Alone, but not alone.
The dead are always here with us, hovering overhead, reminding us of how much we’ve lost.
“He’ll find them. I know it.” Bea’s voice trembles but her eyes are steady and full of faith. Faith in me. Still, after all the ways I’ve failed her, she believes I can move mountains.
“He will,” I promise, refusing to let her down again. I will get eyes and ears inside the girl’s innermost circle. I will report back to the creature who pulls my strings, and someday soon this will all be over.
The threat will pass, and the work will once again take center stage. And when all the shifters are dead but one, and he, safely tucked away on his throne, certain he will always be king of his castle, my family will be safe. Wendy will be able to grow up in a world where there are no monsters hiding among us, no claws and teeth bared and waiting in the dark.
“I’m ready to sleep now,” Bea whispers. “Help me into my chair?”
“Of course, love.” I lift my wife into her chair and wheel her toward the elevator by the fireplace, hoping sleep will come easy for both of us tonight, though I already know it won’t.

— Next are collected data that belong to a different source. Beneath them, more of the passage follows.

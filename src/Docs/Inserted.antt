-- ===== src/Docs/Inserted.antt =====
-- Blocks that are put behind lines.
use mathlib.Core.List.{append_assoc}
use kratos_micro_layout.Prelude.{
  ◌≡◌, ◌≤◌, ◌<◌, refl, sym, ap, ◌∙◌, arith, Bool, true, false, ◌||◌, List, [], ◌∷◌, ◌++◌, All,
  All-append, Text, length, length-append, if◌then◌else◌, Bool-cases, inl, inr,
}
use kratos_micro_layout.Docs.Lines.{IsLine, inserted}

-- The block stands directly behind a line that passes the test.
pub record HasBlock (test : Text → Bool) (block out : List Text) : Type 0 where
  pub before : List Text
  pub line : Text
  pub after : List Text
  pub passes : test line ≡ true
  pub splits : out ≡ before ++ line ∷ (block ++ after)

-- Some line passes the test.
unfoldable pub any_line : (Text → Bool) → List Text → Bool
any_line test [] = false
any_line test (l ∷ ls) = test l || any_line test ls

module _ (test : Text → Bool) (block : List Text) where
  pub inserted-append :
      (xs ys : List Text)
      → inserted test block (xs ++ ys) ≡ inserted test block xs ++ inserted test block ys
  unfolding inserted
  inserted-append [] ys = refl
  inserted-append (x ∷ xs) ys =
      ap (λ l. x ∷ l)
        (ap (λ l. (if test x then block else []) ++ l) (inserted-append xs ys)
          ∙ sym (append_assoc (if test x then block else []) (inserted test block xs) _))

  pub inserted-HasBlock :
      (ls : List Text) → any_line test ls ≡ true → HasBlock test block (inserted test block ls)
  unfolding any_line inserted
  inserted-HasBlock [] h = absurd (cc)
  inserted-HasBlock (l ∷ ls) h = elim (Bool-cases (test l)) [
    | inl here ↦ record {
      before = [];
      line = l;
      after = inserted test block ls;
      passes = here;
      splits = rw here refl;
    }
    | inr later ↦
        let rest = inserted-HasBlock ls (rw later at h) in
        record {
          before = l ∷ rest.before;
          line = rest.line;
          after = rest.after;
          passes = rest.passes;
          splits = rw later (ap (λ t. l ∷ t) rest.splits);
        }
  ]

  pub inserted_none : (ls : List Text) → any_line test ls ≡ false → inserted test block ls ≡ ls
  unfolding any_line inserted
  inserted_none [] h = refl
  inserted_none (l ∷ ls) h = ground (arith, inserted_none ls)

  pub length-inserted : (ls : List Text) → length ls ≤ length (inserted test block ls)
  unfolding inserted
  length-inserted [] = omega arith
  length-inserted (l ∷ ls) = omega (
    arith,
    length-inserted ls,
    length-append {0} (if test l then block else []) (inserted test block ls),
  )

  pub inserted-longer :
      (ls : List Text)
      → any_line test ls ≡ true
      → 0 < length block
      → length ls < length (inserted test block ls)
  unfolding any_line inserted
  inserted-longer [] h pos = absurd (cc)
  inserted-longer (l ∷ ls) h pos = elim (Bool-cases (test l)) [
    | inl here ↦
        rw here
          (omega (arith, length-inserted ls, length-append {0} block (inserted test block ls)))
    | inr later ↦ rw later (omega (arith, inserted-longer ls (rw later at h) pos))
  ]

  pub All-inserted :
      (ls : List Text) → All IsLine block → All IsLine ls → All IsLine (inserted test block ls)
  unfolding inserted
  All-inserted [] hb h = tt
  All-inserted (l ∷ ls) hb (hl, h) = elim (Bool-cases (test l)) [
    | inl here ↦
        rw here (hl, All-append IsLine block (inserted test block ls) hb (All-inserted ls hb h))
    | inr later ↦ rw later (hl, All-inserted ls hb h)
  ]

Nothing is easy, and nothing will be easy until Atlas has the girl’s head mounted on his wall.
Chapter 7
Carrie Ann
Once upon a time, there was a girl with blond curls, blue eyes, and a laugh so loud her parents were embarrassed to take her out in public. The aw-shucks-I-know-but-she’s-cute-right? kind of embarrassed—her mother all giggles and apologies for her obnoxiously happy kid and her father beaming at the both of them.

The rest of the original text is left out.